Local News

Voters' Voice: Bush Holds Lead Over Kerry

Posted 2006-08-03T21:07:49+00:00 - Updated 2004-10-29T13:06:00+00:00

While national polls show a razor close race for president, two surveys this week paint North Carolina as friendly territory for the incumbent.

This week's

WRAL poll conducted by Mason-Dixon

puts President George W. Bush ahead by nine points in North Carolina.

A new

Voters' Voice Poll

conducted for WRAL-TV,

The News and Observer

, WUNC-FM shows Sen. John Kerry a bit closer.

According to the poll, the Bush/Cheney ticket holds a six-point lead over the Kerry/Edwards team heading into Tuesday's election.

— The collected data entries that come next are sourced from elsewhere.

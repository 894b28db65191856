-- ===== src/Examples/Objectpacker.antt =====
-- Inputs for objectpacker: a list of a number and a text, a map of two texts, and a map whose keys print
-- alike. The printed form of a value is cut down to what these need.
use mathlib.Core.List.{Permᴰ, mem_of_ne_of_mem, Nodup, Nodup-cons, Nodup-nil, not-mem-nil}
use icinga_go_library.Prelude.{true, false, ◌≡◌, ◌≢◌, refl, [], ◌∷◌, some, arith}
use icinga_go_library.Objectpacker.Value.{Bytes, GoType, Value, Values, Entries}
use icinga_go_library.Objectpacker.Writer.{buffer}
use icinga_go_library.Objectpacker.Pack.{pack_value, count_values}
use icinga_go_library.Objectpacker.Tree.{Tree, Trees, tree_of, pairs_of, key_of, count_trees}
use icinga_go_library.Objectpacker.Emit.{buffer-IsTotal}
use icinga_go_library.Objectpacker.Decode.{FitsTree}
use icinga_go_library.Objectpacker.PackAny.{
  pack_any, written, pack_any-encode, pack_any-injective, pack_any-Permᴰ,
}
use icinga_go_library.Objectpacker.Collision.{two_pairs, pack_any_collision}

-- a text prints as itself, and everything else as "1"
abbrev sprint : Value → Bytes
sprint (Value.string s) = s
sprint _ = 49 ∷ []

abbrev listed : Value
listed =
    Value.list GoType.interface
      (Values.cons (Value.float64 7) (Values.cons (Value.string (97 ∷ [])) Values.nil))

abbrev listed_tree : Tree
listed_tree =
    Tree.sequence (Trees.cons (Tree.number 7) (Trees.cons (Tree.text (97 ∷ [])) Trees.nil))

abbrev pointed : Value
pointed = Value.pointer listed

abbrev one_two : Entries
one_two =
    Entries.entry (Value.string (97 ∷ [])) (Value.bool true)
      (Entries.entry (Value.string (98 ∷ [])) (Value.bool false) Entries.end)

abbrev two_one : Entries
two_one =
    Entries.entry (Value.string (98 ∷ [])) (Value.bool false)
      (Entries.entry (Value.string (97 ∷ [])) (Value.bool true) Entries.end)

listed-FitsTree : FitsTree listed_tree
unfolding FitsTree count_trees
listed-FitsTree = (omega arith, (omega arith, (omega arith, tt)))

different : ◌≢◌ {A = Bytes} (97 ∷ []) (98 ∷ [])
different e = ground arith

two_keys-Nodup : Nodup {A = Bytes} ((97 ∷ []) ∷ (98 ∷ []) ∷ [])
two_keys-Nodup =
    Nodup-cons.1
      ((λ m. not-mem-nil (mem_of_ne_of_mem different m)), Nodup-cons.1 (not-mem-nil, Nodup-nil))

pack_any-encode_example :
    pack_any sprint buffer listed [] ≡ written sprint [] (tree_of sprint listed)
pack_any-encode_example = pack_any-encode sprint listed []

pack_any-injective_example : listed_tree ≡ listed_tree
pack_any-injective_example =
    pack_any-injective sprint listed pointed {t = listed_tree} {s = listed_tree}
      (unfold tree_of count_values in refl) (unfold tree_of count_values in refl) listed-FitsTree
      listed-FitsTree (unfold pack_any pack_value in refl)

pack_any-Permᴰ_example :
    pack_any sprint buffer (Value.map GoType.string GoType.bool one_two)
    ≡ pack_any sprint buffer (Value.map GoType.string GoType.bool two_one)
pack_any-Permᴰ_example =
    pack_any-Permᴰ sprint buffer buffer-IsTotal GoType.string GoType.bool one_two two_one
      {l = (97 ∷ [], some (Tree.truth true)) ∷ (98 ∷ [], some (Tree.truth false)) ∷ []}
      {m = (98 ∷ [], some (Tree.truth false)) ∷ (97 ∷ [], some (Tree.truth true)) ∷ []}
      (unfold pairs_of key_of tree_of in refl) (unfold pairs_of key_of tree_of in refl)
      (Permᴰ.swap refl refl) two_keys-Nodup

pack_any_collision_example :
    pack_any sprint buffer
      (two_pairs sprint GoType.interface GoType.bool
        (Value.float64 1)
        (Value.bool true)
        (Value.string (49 ∷ []))
        (Value.bool false))
      []
    ≢ pack_any sprint buffer
        (two_pairs sprint GoType.interface GoType.bool
          (Value.string (49 ∷ []))
          (Value.bool false)
          (Value.float64 1)
          (Value.bool true))
        []
pack_any_collision_example =
    pack_any_collision sprint GoType.interface GoType.bool (Value.float64 1) (Value.bool true)
      (Value.string (49 ∷ [])) (Value.bool false) {b = 49 ∷ []} {t = Tree.truth true}
      {s = Tree.truth false} (unfold key_of tree_of in refl) (unfold key_of tree_of in refl)
      (unfold tree_of in refl) (unfold tree_of in refl) (λ e. cc) (omega arith)
      (unfold FitsTree in tt) (unfold FitsTree in tt)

North Carolina voters lean Republican 51 percent to the Democrats' 45 percent.

"It could be just random sampling noise. However, these polls are much closer together than they are farther apart. So, my guess is it's somewhere in between," said Mike Cobb, a political science professor at North Carolina State University.

Cobb points out that the president has kept his lead despite deep divisions over Iraq: Forty-six percent of those polled believe it was worth waging war in Iraq, while 48 percent say it was not.

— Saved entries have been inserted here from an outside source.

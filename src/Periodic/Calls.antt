-- ===== src/Periodic/Calls.antt =====
-- periodic/periodic.go: which callbacks a task makes.
use icinga_go_library.Prelude.{
  ℕ, ◌≡◌, refl, Bool, true, false, ◌||◌, Option, none, some, List, [], ◌∷◌, ◌++◌, map, arith,
  append_assoc, ◌≢◌, ◌⊎◌, ◌∙◌, append-nil, if◌then◌else◌, inl, inr,
}
use icinga_go_library.Periodic.{
  tick_at, Options, Setting, immediate, on_stop, apply, apply_all, Call, callback, stop_callback,
  returned, Task, Event, stop, parent_done, tick, see_done, do_stop, call_back, finish, on_tick,
  on_done, step, run, start_task,
}

-- the ticks that come before the goroutine sees the end of the context, and the time at which it does
pub record Seen : Type 0 where
  pub ticks : List ℕ
  pub end : Option ℕ

unfoldable pub with_tick : ℕ → Seen → Seen
with_tick t s = record s { ticks = t ∷ s.ticks }

-- `canceled` says whether the context has ended.
unfoldable pub seen : Bool → List Event → Seen
unfolding with_tick
seen canceled [] = record { ticks = []; end = none }
seen canceled (stop ∷ es) = seen true es
seen canceled (parent_done ∷ es) = seen true es
seen canceled (tick t ∷ es) = with_tick t (seen canceled es)
seen canceled (see_done t ∷ es) =
    let rest = seen canceled es in if canceled then record { ticks = []; end = some t } else rest

abbrev pub last_calls : Bool → ℕ → Option ℕ → List Call
last_calls set start none = []
last_calls set start (some t) = if set then stop_callback (tick_at start t) ∷ [] else []

abbrev pub callbacks : ℕ → List ℕ → List Call
callbacks start ticks = map (λ t. callback (tick_at start t)) ticks

step-returned :
    (t : Task) (e : Event)
    → t.phase ≡ returned
    → ((step t e).phase ≡ returned) × ((step t e).calls ≡ t.calls)
unfolding step do_stop on_tick on_done
step-returned t stop h = ground arith
step-returned t parent_done h = ground arith
step-returned t (tick now) h = ground arith
step-returned t (see_done now) h = ground arith

-- Behind the return nothing is called any more.
pub run-returned :
    (t : Task) (es : List Event)
    → t.phase ≡ returned
    → ((run t es).phase ≡ returned) × ((run t es).calls ≡ t.calls)
unfolding run
run-returned t [] h = (h, refl)
run-returned t (e ∷ es) h =
    let (kept, same) = step-returned t e h in
    let (kept', same') = run-returned (step t e) es kept in (kept', same' ∙ same)

-- a task that has not returned, with its settings and what it called so far; a stop has canceled it
pub record Running (set : Bool) (start : ℕ) (canceled : Bool) (calls : List Call) (t : Task)
    : Type 0 where
  pub not_returned : t.phase ≢ returned
  pub stop_cancels : (t.stopped ≡ false) ⊎ (t.canceled ≡ true)
  pub has_callback : t.options.on_stop ≡ set
  pub has_start : t.start ≡ start
  pub has_canceled : t.canceled ≡ canceled
  pub has_calls : t.calls ≡ calls

module _ (set : Bool) (start : ℕ) where
  pub step-end :
      (c : Bool) (cs : List Call) (t : Task) (e : Event)
      → (e ≡ stop) ⊎ (e ≡ parent_done)
      → Running set start c cs t
      → Running set start true cs (step t e)
  unfolding step do_stop
  step-end c cs t e h r = ground arith

  pub step-tick :
      (c : Bool) (cs : List Call) (t : Task) (now : ℕ)
      → Running set start c cs t
      → Running set start c (cs ++ (callback (tick_at start now) ∷ [])) (step t (tick now))
  unfolding step on_tick call_back
  step-tick c cs t now r = ground arith

  pub step-see_done :
      (cs : List Call) (t : Task) (now : ℕ)
      → Running set start false cs t
      → Running set start false cs (step t (see_done now))
  unfolding step on_done
  step-see_done cs t now r = ground arith

  pub step-finish :
      (cs : List Call) (t : Task) (now : ℕ)
      → Running set start true cs t
      → ((step t (see_done now)).phase ≡ returned)
        × ((step t (see_done now)).calls ≡ cs ++ last_calls set start (some now))
  unfolding step on_done finish
  step-finish cs t now r = ground (arith, append-nil cs)

  run_calls :
      (es : List Event) (c : Bool) (cs : List Call) (t : Task)
      → Running set start c cs t
      → (run t es).calls
        ≡ cs ++ (callbacks start (seen c es).ticks ++ last_calls set start (seen c es).end)
  unfolding run seen with_tick
  run_calls [] c cs t r = rw (append-nil cs) r.has_calls
  run_calls (stop ∷ es) c cs t r = run_calls es true cs _ (step-end c cs t stop (inl refl) r)
  run_calls (parent_done ∷ es) c cs t r =
      run_calls es true cs _ (step-end c cs t parent_done (inr refl) r)
  run_calls (tick now ∷ es) c cs t r =
      run_calls es c _ _ (step-tick c cs t now r)
      ∙ append_assoc cs (callback (tick_at start now) ∷ []) _
  run_calls (see_done now ∷ es) true cs t r =
      let (kept, calls) = step-finish cs t now r in (run-returned _ es kept).1 ∙ calls
  run_calls (see_done now ∷ es) false cs t r = run_calls es false cs _ (step-see_done cs t now r)

-- what the settings configure: each counts wherever it stands, and however often
abbrev pub has_immediate : List Setting → Bool
has_immediate [] = false
has_immediate (immediate ∷ rest) = true
has_immediate (on_stop ∷ rest) = has_immediate rest

abbrev pub has_on_stop : List Setting → Bool
has_on_stop [] = false
has_on_stop (immediate ∷ rest) = has_on_stop rest
has_on_stop (on_stop ∷ rest) = true

apply_all_lem :
    (o : Options) (settings : List Setting)
    → ((apply_all o settings).immediate ≡ (o.immediate || has_immediate settings))
      × ((apply_all o settings).on_stop ≡ (o.on_stop || has_on_stop settings))
unfolding apply_all apply
apply_all_lem o [] = ground arith
apply_all_lem o (immediate ∷ rest) =
    ground (arith, apply_all_lem (record o { immediate = true }) rest)
apply_all_lem o (on_stop ∷ rest) = ground (arith, apply_all_lem (record o { on_stop = true }) rest)

abbrev pub first_ticks : Bool → ℕ → List ℕ
first_ticks at_once now = if at_once then now ∷ [] else []

pub start_task-Running :
    (settings : List Setting) (begin now : ℕ)
    → Running
        (has_on_stop settings)
        begin
        false
        (callbacks begin (first_ticks (has_immediate settings) now))
        (start_task settings begin now)
unfolding start_task call_back
start_task-Running settings begin now =
    let (h, k) = apply_all_lem (record { immediate = false; on_stop = false }) settings in
    ground arith

-- For all settings and each interleaving of ticks, stops and the end of the context: the callback is
-- called at once if the task is immediate, then at each tick that comes before the goroutine sees the
-- end of the context, in order, each with the time elapsed since the start; then the stop callback is
-- called once if it is set; and then nothing is called any more.
pub calls-run :
    (settings : List Setting) (begin now : ℕ) (es : List Event)
    → (run (start_task settings begin now) es).calls
      ≡ callbacks begin (first_ticks (has_immediate settings) now)
        ++ (callbacks begin (seen false es).ticks
            ++ last_calls (has_on_stop settings) begin (seen false es).end)
calls-run settings begin now es =
    run_calls (has_on_stop settings) begin es false _ _ (start_task-Running settings begin now)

More voters disapprove of the president's handling of Iraq than approve and only a few more think the United States is safer for sending in troops.

"Even if the idea that Iraq is not going well, it's not necessarily his fault or the alternative direction would be worse," Cobb said.

The polling expert said the bottom line is that North Carolina is still the Republican's state to lose.

"At the national level, North Carolina has been voting conservatively and Republican for quite some time. There's really no reason to believe that would be any different this election," he said.

Cobb said Sens. John Kerry and John Edwards will need to reverse nearly 30 years of political history to make it happen.